OPTION 2. Offer $374k with as long a period until closing as you can negotiate. Then, market the heck out of it, offering owner financing at $580k with 5-10% down. When you get a qualified buyer, create a note for 80% of $580k, or $464k. You should be able to find a buyer for at least 85-90% face value, if your buyer has decent credit. Carry back the remainder as a second. That would give you a nice bit of cash at closing, plus the income from the second.
OPTION 3. If the seller would allow the mortgage to remain in his name for a while, you could have him transfer title to a land trust, naming you a non-resident beneficiary. Then you locate a buyer who will move in, make the payments and obtain his own financing within an agreed-upon period of time, whereupon the seller’s mortgage is paid and you pay the seller the equity he has carried during the period and you take a share (?or all of) the appreciation and difference between the selling price and purchase price.
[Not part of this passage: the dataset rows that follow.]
-- ===== src/Pmm/Boot/Ready.antt =====
-- What `pmm_init` hands over: a free list in step with the bitmap, without the kernel's pages.
use hao_sys.Base.{
  ℕ, zero, suc, ◌+◌, ◌-◌, ◌/◌, ◌^◌, ◌≤◌, ◌<◌, ◌≡◌, ◌≢◌, subst, some-eq, if_both, bit_and, true,
  false, some, List, arith, ltb, ◌==◌, Bool-cases, Option-cases, inl, inr, Memory, add32, sub32,
  mul32, has,
}
use hao_sys.Pmm.Bitmap.{IsBytes, addr_to_index, mark_region, mark_region-IsBytes}
use hao_sys.Pmm.{Pmm}
use hao_sys.Pmm.Chain.{FreeList}
use hao_sys.Pmm.Boot.{
  started, bitmap_bytes, count_free, reserve, build_list, mark_entry, mmap_loop, mark_mmap,
  clear_bitmap, memory_info, total_kb, finish, init, mb2_magic,
}
use hao_sys.Pmm.Boot.Stages.{
  clear_bitmap-IsBytes, count_free-free_below, reserve-Reserved, build_list-Linked,
}

-- The allocator that the boot hands over: every free page is on the list, and none of the pages of
-- the kernel image [1 MB, `_end`) or of the bitmap behind it is.
pub record IsReady (kernel_end : ℕ) (p : Pmm) : Type 0 where
  pub pages : List ℕ
  pub list : FreeList p pages
  pub some_left : p.free_pages ≢ 0
  pub kernel_out :
      (j : ℕ) → has j pages ≡ true → addr_to_index 0x100000 ≤ j → addr_to_index (kernel_end - 1) < j
  pub bitmap_out :
      (j : ℕ)
      → has j pages ≡ true
      → addr_to_index kernel_end ≤ j
      → addr_to_index (kernel_end + bitmap_bytes p.total_pages - 1) < j

-- The part behind the marking. `_end` lies above 1 MB and leaves room for the bitmap.
finish-IsReady :
    (mem : Memory) (kernel_end memory total : ℕ) (marked : Memory) {p : Pmm}
    → IsBytes marked
    → total ≤ 2 ^ 20
    → 0x100000 < kernel_end
    → kernel_end < 2 ^ 31
    → finish mem kernel_end memory total marked ≡ started p
    → IsReady kernel_end p
unfolding finish
finish-IsReady mem kernel_end memory total marked {p} bytes small above room h =
    let counted : Memory × ℕ = (marked, count_free total marked) in
    let r =
      reserve-Reserved total 0x100000 (sub32 kernel_end 1) counted small bytes
        (count_free-free_below total marked small) in
    let kernel = reserve total 0x100000 (sub32 kernel_end 1) counted in
    let map_end = sub32 (add32 kernel_end (bitmap_bytes total)) 1 in
    let s = reserve-Reserved total kernel_end map_end kernel small r.bytes r.count in
    let out = reserve total kernel_end map_end kernel in
    let l = build_list-Linked total out.0 mem in
    let links = build_list total out.0 mem in
    let q : Pmm = record {
      bitmap = out.0;
      mem = links.0;
      total_pages = total;
      free_pages = out.1;
      total_memory = memory;
      free_list_head = links.1;
    } in
    elim (Bool-cases (out.1 == 0)) [
      | inl none_left ↦ absurd (let h' = rw none_left at h in cc)
      | inr left ↦
          let h' = rw left at h in
          let e : q ≡ p = cc in
          subst (IsReady kernel_end) e (record {
            pages = l.pages;
            list = record {
              chain = l.chain;
              distinct = l.distinct;
              tracks = l.tracks;
              bytes = s.bytes;
              counted = omega (arith, s.count, l.count);
              fits = small;
            };
            some_left = ground arith;
            kernel_out = λ j m lo. ground (arith, l.tracks j, s.bits j, r.bits j);
            bitmap_out = λ j m lo. ground (arith, l.tracks j, s.bits j, r.bits j);
          })
    ]

-- Marking the memory map keeps the bitmap a map of bytes.
mark_entry-IsBytes :
    (mem : Memory) (total ptr : ℕ) (bm : Memory)
    → IsBytes bm
    → IsBytes (mark_entry mem total ptr bm)
unfolding mark_entry
mark_entry-IsBytes mem total ptr bm h =
    if_both IsBytes _ _ _ (if_both IsBytes _ _ _ (mark_region-IsBytes total bm _ _ true h) h)
      (if_both IsBytes _ _ _ (mark_region-IsBytes total bm _ _ false h) h)

mmap_loop-IsBytes :
    (mem : Memory) (total mmap_end fuel ptr : ℕ) (bm : Memory) {out : Memory}
    → IsBytes bm
    → mmap_loop mem total mmap_end fuel ptr bm ≡ some out
    → IsBytes out
unfolding mmap_loop
mmap_loop-IsBytes mem total mmap_end zero ptr bm h e = absurd (cc)
mmap_loop-IsBytes mem total mmap_end (suc fuel) ptr bm {out} h e =
    elim (Bool-cases (ltb ptr mmap_end)) [
      | inl more ↦
          mmap_loop-IsBytes mem total mmap_end fuel (add32 ptr (add32 (mem ptr) 4))
            (mark_entry mem total ptr bm) (mark_entry-IsBytes mem total ptr bm h) (rw more at e)
      | inr done ↦ let e' = rw done at e in subst IsBytes (some-eq e') h
    ]

mark_mmap-IsBytes :
    (mem : Memory) (total magic info_addr : ℕ) (bm : Memory) {out : Memory}
    → IsBytes bm
    → mark_mmap mem total magic info_addr bm ≡ some out
    → IsBytes out
unfolding mark_mmap
mark_mmap-IsBytes mem total magic info_addr bm {out} h e =
    let len = mem (add32 info_addr 44) in
    let addr = mem (add32 info_addr 48) in
    elim (Bool-cases (magic == mb2_magic)) [
      | inl mb2 ↦ subst IsBytes (some-eq (rw mb2 at e)) h
      | inr mb1 ↦
          let e' = rw mb1 at e in
          elim (Bool-cases (bit_and (mem info_addr) 0x40 == 0)) [
            | inl absent ↦ subst IsBytes (some-eq (rw absent at e')) h
            | inr given ↦
                mmap_loop-IsBytes mem total (add32 addr len) (len + 1) addr bm h (rw given at e')
          ]
    ]

-- Whatever the boot loader says, an allocator that `pmm_init` hands over is ready: its free list,
-- bitmap and count agree, at least one page is free, and no page of the kernel image or of the
-- bitmap is.
pub init-IsReady :
    (mem bitmap : Memory) (kernel_end magic info_addr : ℕ) {p : Pmm}
    → IsBytes bitmap
    → 0x100000 < kernel_end
    → kernel_end < 2 ^ 31
    → init mem bitmap kernel_end magic info_addr ≡ started p
    → IsReady kernel_end p
unfolding init
init-IsReady mem bitmap kernel_end magic info_addr {p} bytes above room h =
    elim (Option-cases (memory_info mem magic info_addr)) [
      | inl e ↦ absurd (let h' = rw (e, init) at h in cc)
      | inr (info, e) ↦
          let h' = rw (e, init) at h in
          let memory = mul32 (total_kb info) 1024 in
          let total = memory / 4096 in
          let upper =
            mark_region total (clear_bitmap (bitmap_bytes total) bitmap) 0x100000
              (sub32 memory 0x100000) true in
          let b =
            mark_region-IsBytes total (clear_bitmap (bitmap_bytes total) bitmap) 0x100000
              (sub32 memory 0x100000) true
              (clear_bitmap-IsBytes (bitmap_bytes total) bitmap bytes) in
          elim (Option-cases (mark_mmap mem total magic info_addr upper)) [
            | inl m ↦ absurd (let h'' = rw m at h' in cc)
            | inr (marked, m) ↦
                finish-IsReady mem kernel_end memory total marked
                  (mark_mmap-IsBytes mem total magic info_addr upper b m) (omega arith) above room
                  (rw m at h')
          ]
    ]
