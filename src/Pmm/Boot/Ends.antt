-- ===== src/Pmm/Boot/Ends.antt =====
-- `pmm_init` does not loop: the tables of the boot loader are read in a bounded number of rounds.
use hao_sys.Base.{
  ℕ, zero, suc, ◌+◌, ◌-◌, ◌*◌, ◌/◌, ◌^◌, ◌≤◌, ◌<◌, ◌≡◌, ◌≢◌, true, ◌&&◌, ◌||◌, some, arith, ltb,
  leb, ◌==◌, if◌then◌else◌, Bool-cases, inl, inr, Memory, add32, sub32, mul32, bit_and,
}
use hao_sys.Pmm.Bitmap.{mark_region}
use hao_sys.Pmm.Boot.{
  looping, bitmap_bytes, mark_entry, mmap_loop, mb2_tags, mark_mmap, clear_bitmap, memory_info,
  total_kb, finish, init, mb2_magic,
}

-- The words of low memory, where the tables lie, are small enough for no address to wrap.
abbrev pub AreSmall : Memory → Type 0
AreSmall mem = (a : ℕ) → mem a < 2 ^ 30

mmap_loop-some :
    (mem : Memory) (total mmap_end fuel ptr : ℕ) (bm : Memory)
    → AreSmall mem
    → mmap_end < 2 ^ 31
    → mmap_end - ptr < fuel
    → (out : Memory) × (mmap_loop mem total mmap_end fuel ptr bm ≡ some out)
unfolding mmap_loop
mmap_loop-some mem total mmap_end zero ptr bm small low enough = absurd (omega arith)
mmap_loop-some mem total mmap_end (suc fuel) ptr bm small low enough =
    elim (Bool-cases (ltb ptr mmap_end)) [
      | inr done ↦ (bm, rw done)
      | inl more ↦
          let s = small ptr in
          let r =
            mmap_loop-some mem total mmap_end fuel (add32 ptr (add32 (mem ptr) 4))
              (mark_entry mem total ptr bm) small low (ground arith) in
          (r.0, rw more r.1)
    ]

mb2_tags-some :
    (mem : Memory) (tags_end fuel p lower upper : ℕ)
    → AreSmall mem
    → tags_end < 2 ^ 31
    → p < 2 ^ 32 - 8
    → tags_end - p < fuel
    → (out : ℕ × ℕ) × (mb2_tags mem tags_end fuel p lower upper ≡ some out)
unfolding mb2_tags
mb2_tags-some mem tags_end zero p lower upper small low fits enough = absurd (omega arith)
mb2_tags-some mem tags_end (suc fuel) p lower upper small low fits enough =
    elim (Bool-cases (leb (add32 p 8) tags_end)) [
      | inr done ↦ ((lower, upper), rw done)
      | inl inside ↦ elim (Bool-cases ((mem p == 0) || ltb (mem (add32 p 4)) 8)) [
        | inl last ↦ ((lower, upper), rw (inside, last))
        | inr more ↦
            let size = mem (add32 p 4) in
            let s = small (add32 p 4) in
            let big : 8 ≤ size = ground arith in
            let known = (mem p == 4) && leb 16 size in
            let r =
              mb2_tags-some mem tags_end fuel (add32 p (add32 size 7 / 8 * 8))
                (if known then mem (add32 p 8) else lower)
                (if known then mem (add32 p 12) else upper) small low (ground arith)
                (ground arith) in
            (r.0, rw (inside, more) r.1)
      ]
    ]

memory_info-some :
    (mem : Memory) (magic info_addr : ℕ)
    → AreSmall mem
    → info_addr < 2 ^ 30
    → (out : ℕ × ℕ) × (memory_info mem magic info_addr ≡ some out)
unfolding memory_info
memory_info-some mem magic info_addr small low = elim (Bool-cases (magic == mb2_magic)) [
  | inl mb2 ↦
      let s = small info_addr in
      let r =
        mb2_tags-some mem (add32 info_addr (mem info_addr)) (mem info_addr + 1) (add32 info_addr 8)
          0 0 small (omega arith) (omega arith) (omega arith) in
      (r.0, rw mb2 r.1)
  | inr mb1 ↦ ((mem (add32 info_addr 4), mem (add32 info_addr 8)), rw mb1)
]

mark_mmap-some :
    (mem : Memory) (total magic info_addr : ℕ) (bm : Memory)
    → AreSmall mem
    → (out : Memory) × (mark_mmap mem total magic info_addr bm ≡ some out)
unfolding mark_mmap
mark_mmap-some mem total magic info_addr bm small =
    let len = mem (add32 info_addr 44) in
    let addr = mem (add32 info_addr 48) in
    let s = small (add32 info_addr 44) in
    let t = small (add32 info_addr 48) in
    elim (Bool-cases (magic == mb2_magic)) [
      | inl mb2 ↦ (bm, rw mb2)
      | inr mb1 ↦ elim (Bool-cases (bit_and (mem info_addr) 0x40 == 0)) [
        | inl absent ↦ (bm, rw (mb1, absent))
        | inr given ↦
            let r =
              mmap_loop-some mem total (add32 addr len) (len + 1) addr bm small (omega arith)
                (omega arith) in
            (r.0, rw (mb1, given) r.1)
      ]
    ]

finish-ne-looping :
    (mem : Memory) (kernel_end memory total : ℕ) (marked : Memory)
    → finish mem kernel_end memory total marked ≢ looping
unfolding finish
finish-ne-looping mem kernel_end memory total marked h = ground arith

pub init-ne-looping :
    (mem bitmap : Memory) (kernel_end magic info_addr : ℕ)
    → AreSmall mem
    → info_addr < 2 ^ 30
    → init mem bitmap kernel_end magic info_addr ≢ looping
unfolding init
init-ne-looping mem bitmap kernel_end magic info_addr small low h =
    let (info, e) = memory_info-some mem magic info_addr small low in
    let memory = mul32 (total_kb info) 1024 in
    let total = memory / 4096 in
    let upper =
      mark_region total (clear_bitmap (bitmap_bytes total) bitmap) 0x100000 (sub32 memory 0x100000)
        true in
    let (marked, m) = mark_mmap-some mem total magic info_addr upper small in
    finish-ne-looping mem kernel_end memory total marked (rw m at (rw (e, init) at h))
Please keep in mind that I’m no trust expert (still trying to understand them myself) so if you wish to pursue this route, you should obtain advice of someone more knowledgeable. Also, I’ve never worked with a property in this price range, so I’m not entirely sure how realistic any of the above are, though they work well in the lower price ranges. Depends too on the market in your area and number of high-income buyers available.